Bell ha admitido que la idea es «mayormente humorística» y «más bien un experimento mental». Pero, ojo, que detrás de la chanza hay una crítica seria. El bueno de Rob está hasta el gorro de que el Congreso de Estados Unidos no mueva un dedo para atajar la piratería moderna, esa que se cuece en lugares como la costa de Somalia. Así que, ni corto ni perezoso, ha dicho: «Si ellos no lo hacen, ¿por qué no nosotros, con un toque del XVIII?»

Curiosamente, la Constitución de Estados Unidos, en su Artículo I, Sección 8, concede este poder tanto al gobierno federal como a los estados. Lo que pasa es que, claro, nadie lo usa desde hace siglos. Después de la Declaración de París de 1856, la cosa de las patentes de corso pasó a mejor vida a nivel internacional, aunque Estados Unidos nunca la ratificó. Así que, técnicamente, la ventana legal sigue abierta, al menos en algunos aspectos.

Los expertos en derecho, como Carl Tobias de la Universidad de Richmond, ya han soltado el típico «es simbólico y muy poco práctico». Y es que, seamos sinceros, ¿os imagináis a un pesquero de Virginia persiguiendo a piratas somalíes en aguas internacionales? La cosa podría acabar en un enredo diplomático de proporciones épicas. Además, la ley federal ya tiene sus propios mecanismos para lidiar con la piratería, haciendo esta propuesta un poco redundante y, la verdad, un pelín marciana.

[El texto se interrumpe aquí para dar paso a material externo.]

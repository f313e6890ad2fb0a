-- ===== src/Evaluation/Counts.antt =====
-- The counts of quality_evaluation.py for single-label evaluation.
use caikit.Common.{
  ◌≡◌, refl, ap, ◌∙◌, String, Bool, false, ◌&&◌, ◌||◌, Option, none, some, List, [], ◌∷◌, length,
  if◌then◌else◌, string_eq, nat_eq, ◌==◌, arith,
}
use caikit.Common.Dict
use caikit.Common.Dict.{Dict}
use caikit.Evaluation.Defs.{
  F1Metrics, no_counts, Matrix, wanted, count_examples, zip_labels, confusion_matrix,
}
use caikit.Evaluation.Example.{spec_counts, plus, after, occurs, count_example_lem}

module _ (labels : Option (List String)) where
  counts-unmentioned :
      (l : String) (examples : List (String × String))
      → occurs l examples ≡ false
      → spec_counts l examples ≡ no_counts
  counts-unmentioned l [] h = refl
  counts-unmentioned l ((gold, pred) ∷ rest) h = ground (arith, counts-unmentioned l rest)

  -- Entries of two examples add up.
  after-after :
      (l : String) (m m₁ : Matrix) (named more : Bool) (c d : F1Metrics)
      → (more ≡ false → d ≡ no_counts)
      → (named ≡ false → c ≡ no_counts)
      → Dict.get m₁ l ≡ after labels named c l m
      → after labels more d l m₁ ≡ after labels (named || more) (plus c d) l m
  after-after l m m₁ named more c d hd hc h = ground (
    arith,
    hd,
    hc,
    h,
    Dict.get_of_has m l,
    Dict.get-eq-none m l,
    Dict.get_of_has m₁ l,
    Dict.get-eq-none m₁ l,
  )

  one_plus :
      (l gold pred : String) (rest : List (String × String))
      → plus (spec_counts l ((gold, pred) ∷ [])) (spec_counts l rest)
        ≡ spec_counts l ((gold, pred) ∷ rest)
  one_plus l gold pred rest = ground arith

  count_examples_lem :
      (examples : List (String × String)) (m : Matrix)
      → (m' : Matrix) × (count_examples labels examples m ≡ some m')
        × ((l : String)
            → Dict.get m' l ≡ after labels (occurs l examples) (spec_counts l examples) l m)
  unfolding count_examples
  count_examples_lem [] m = (m, refl, λ l. ground (arith, Dict.get_of_has m l))
  count_examples_lem ((gold, pred) ∷ rest) m =
      let (m₁, e₁, g₁) = count_example_lem labels gold pred m in
      let (m₂, e₂, g₂) = count_examples_lem rest m₁ in
      (
        m₂,
        ground (arith, e₁, e₂),
        λ l.
            g₂ l
            ∙ after-after l m m₁ ((gold == l) || (pred == l)) (occurs l rest)
                (spec_counts l ((gold, pred) ∷ [])) (spec_counts l rest) (counts-unmentioned l rest)
                (λ e. counts-unmentioned l ((gold, pred) ∷ []) (ground (arith, e))) (g₁ l)
            ∙ ap (λ c. after labels (occurs l ((gold, pred) ∷ rest)) c l m)
                (one_plus l gold pred rest),
      )

  -- The evaluation of as many predicted as gold labels does not fail. Each wanted label that occurs
  -- has an entry, with the numbers of examples where it is right, where it is predicted wrongly,
  -- and where it is missed; no other label has one.
  pub confusion_matrix-counts :
      (gold pred : List String)
      → length gold ≡ length pred
      → (m : Matrix) × (confusion_matrix labels gold pred ≡ some m)
        × ((l : String)
            → Dict.get m l ≡ (
                if wanted labels l && occurs l (zip_labels gold pred)
                then some (spec_counts l (zip_labels gold pred))
                else none))
  unfolding confusion_matrix Dict.get Dict.has
  confusion_matrix-counts gold pred h =
      let (m, e, g) = count_examples_lem (zip_labels gold pred) [] in
      (m, ground (arith, h, e), λ l. ground (arith, g l))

Pero a Bell esto le trae sin cuidado. Ya lo intentó en 2011 con un proyecto similar. Y lo más tronchante es que su última propuesta ha conseguido superar el Comité de Cortes de Justicia de la Cámara por 12 votos a 8. Así que, no os riáis mucho, que lo mismo la próxima vez que vayáis por Virginia os encontráis con el Capitán Sparrow pidiendo una patente de corso en la oficina del gobernador.